Gavin Newsom: (50:19)
The answer is to mitigate that, to lead, and we will continue to mitigate. We will continue to lead in that space. Solar storage, foundational in that effort. Accordingly, I will continue to update you on what is happening all across the State of California. I just want to close by reminding you not just about wearing your masks, which is foundational, but also on this flex alert between the hours now, 2:00 and 9:00 PM. If you could, and again, I know it’s a lot to ask.
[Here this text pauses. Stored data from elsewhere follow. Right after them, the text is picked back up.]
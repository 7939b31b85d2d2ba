-- ===== src/StringProc/Response.antt =====
-- src/wstangoproc_common/StringProc.cpp: the JSON texts that go back to a client, with the records
-- of ErrorInfo.h and ResponseFromEvent.h. A `stringstream` is the text written so far.
use Prim.Native.Char.{code}
use web_socket_ds.Base.{
  ◌≡◌, refl, ℕ, String, ◌<>◌, Bool, true, false, List, [], ◌∷◌, none, some, if◌then◌else◌, is_nil,
  nonempty, nat_beq,
}
use web_socket_ds.Base.Int.{stoi, show_int, show_nat}
use web_socket_ds.Wire.{ErrorType, EventType, ResponseType, error_type_to_string}
use web_socket_ds.Request.{ParsedInputJson}

pub record ResponseFromEventReq : Type 0 where
  pub resp_type : ResponseType
  pub event_type : EventType
  pub event_type_str : String
  pub device_name : String
  pub attr_name : String
  pub error_messages : List String
  pub event_sub_id : ℕ

pub record ErrorInfo : Type 0 where
  pub typeof_error : ErrorType
  pub typeof_req : String
  pub id : String
  pub device_name : String
  pub attr_name : String
  pub error_message : String
  pub error_messages : List String
  pub event_type : String
  pub error_responses : List ResponseFromEventReq

-- `ErrorInfo err; err.typeofError = …;` before the other fields are set.
abbrev pub error_info : ErrorType → ErrorInfo
error_info t = record {
  typeof_error = t;
  typeof_req = "";
  id = "";
  device_name = "";
  attr_name = "";
  error_message = "";
  error_messages = [];
  event_type = "";
  error_responses = [];
}

abbrev quoted : String → String
quoted s = "\"" <> s <> "\""

-- `try { ss << before << stoi(id) << after; } catch (...) {}`
id_part : String → String → String → String
id_part before id after = elim (stoi id) [ none ↦ "" | some n ↦ before <> show_int n <> after ]

-- The opening that the successful answers share.
read_head : String → String → String
unfolding id_part
read_head id type_req_str =
    "{\"event\":\"read\", \"type_req\": \""
    <> type_req_str
    <> "\", "
    <> id_part "\"id_req\": " id ", "

unfoldable pub success_resp_out : {Tree : Type 0} → ParsedInputJson Tree → String
unfolding read_head
success_resp_out p = read_head p.id p.type_req_str <> "\"success\": true}"

unfoldable pub generate_resp_mess : String → String → String → String
unfolding read_head
generate_resp_mess id in_message type_req_str =
    read_head id type_req_str <> "\"resp\": " <> in_message <> "}"

-- The overload with a list of errors.
unfoldable pub generate_resp_mess_errors : String → String → String → String → String
unfolding read_head
generate_resp_mess_errors id in_message err_message type_req_str =
    read_head id type_req_str
    <> "\"resp\": "
    <> in_message
    <> ", \"errors\": "
    <> err_message
    <> "}"

unfoldable pub response_string_out : String → String → String → Bool → String
unfolding generate_resp_mess
response_string_out id message type_req_str is_string =
    generate_resp_mess id (if is_string then quoted message else message) type_req_str

-- `", "` between the items, none before the first.
quoted_items : Bool → List String → String
quoted_items first [] = ""
quoted_items first (m ∷ ms) = (if first then "" else ", ") <> quoted m <> quoted_items false ms

unfoldable pub response_string_out_list : String → List String → String → String
unfolding generate_resp_mess quoted_items
response_string_out_list id messages type_req_str =
    generate_resp_mess id ("[" <> quoted_items true messages <> "]") type_req_str

event_items : Bool → List ResponseFromEventReq → String
unfolding show_nat
event_items first [] = ""
event_items first (r ∷ rs) =
    (if first then "" else ", ")
    <> "{\"device\": "
    <> quoted r.device_name
    <> (if nonempty r.attr_name then ", \"attribute\": " <> quoted r.attr_name else "")
    <> ", \"event_type\": "
    <> quoted r.event_type_str
    <> ", \"event_sub_id\": "
    <> show_nat r.event_sub_id
    <> "}"
    <> event_items false rs

unfoldable pub generate_success_string_out_for_event : List ResponseFromEventReq → String
unfolding event_items
generate_success_string_out_for_event rs = "[" <> event_items true rs <> "]"

unfoldable pub response_string_out_for_event_sub :
    String → String → List ResponseFromEventReq → String
unfolding generate_resp_mess generate_success_string_out_for_event
response_string_out_for_event_sub id type_req_str rs =
    generate_resp_mess id (generate_success_string_out_for_event rs) type_req_str

-- Both overloads of `generateErrorMess`, and the choice between them.
error_mess_part : String → List String → String
unfolding quoted_items
error_mess_part message messages =
    if nonempty message
    then ", \"err_mess\": " <> quoted message
    else if is_nil messages
    then ""
    else ", \"err_mess\": [" <> quoted_items true messages <> "]"

abbrev optional_part : String → String → String
optional_part key text = if nonempty text then " ,\"" <> key <> "\": " <> quoted text else ""

unfoldable pub exception_string_out : ErrorInfo → String
unfolding id_part error_mess_part generate_success_string_out_for_event
exception_string_out e =
    "{\"event\": \"error\""
    <> optional_part "type_req" e.typeof_req
    <> " ,\"type_err\": "
    <> quoted (error_type_to_string e.typeof_error)
    <> (if nonempty e.id then id_part " ,\"id_req\": " e.id "" else "")
    <> optional_part "device_name" e.device_name
    <> optional_part "attr_name" e.attr_name
    <> optional_part "event_type" e.event_type
    <> (if is_nil e.error_responses
        then ""
        else " ,\"errors\": " <> generate_success_string_out_for_event e.error_responses)
    <> error_mess_part e.error_message e.error_messages
    <> "}"

-- `removeSymbolsForString`: a carriage return goes, a line feed becomes a blank.
unfoldable pub remove_symbols_for_string : String → String
remove_symbols_for_string String.[] = String.[]
remove_symbols_for_string (String.◌∷◌ c s) =
    let rest = remove_symbols_for_string s in
    if nat_beq (code c) 13
    then rest
    else if nat_beq (code c) 10
    then " " <> rest
    else String.◌∷◌ c rest

out_example :
    exception_string_out
      (record (error_info ErrorType.auth_perm) { id = "7"; error_message = "no" })
    ≡ "{\"event\": \"error\" ,\"type_err\": \"auth_perm\" ,\"id_req\": 7, \"err_mess\": \"no\"}"
unfolding exception_string_out error_type_to_string stoi show_int
out_example = refl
We have a lot of asks in terms of mask wearing, physical distancing, but now asking if you come home, just the back of your mind, if you can remind yourself, just turn that thermometer up a little bit, or rather turn up the air conditioning 78 degrees or higher. You’ll save money. You’ll not only save energy, but you also help us, sum total, those individual acts will help us get it through this last night that we anticipate will be perhaps more challenging than the nights we are anticipating over the course of the next days, weeks, months, and years ahead. And so, please consider that.
Gavin Newsom: (51:32)
And also as always, continue to do the good work we’ve done as a state to address the spread of COVID-19. We’ll be back soon to update you on all of the above. As always, thank you for the privilege of your time.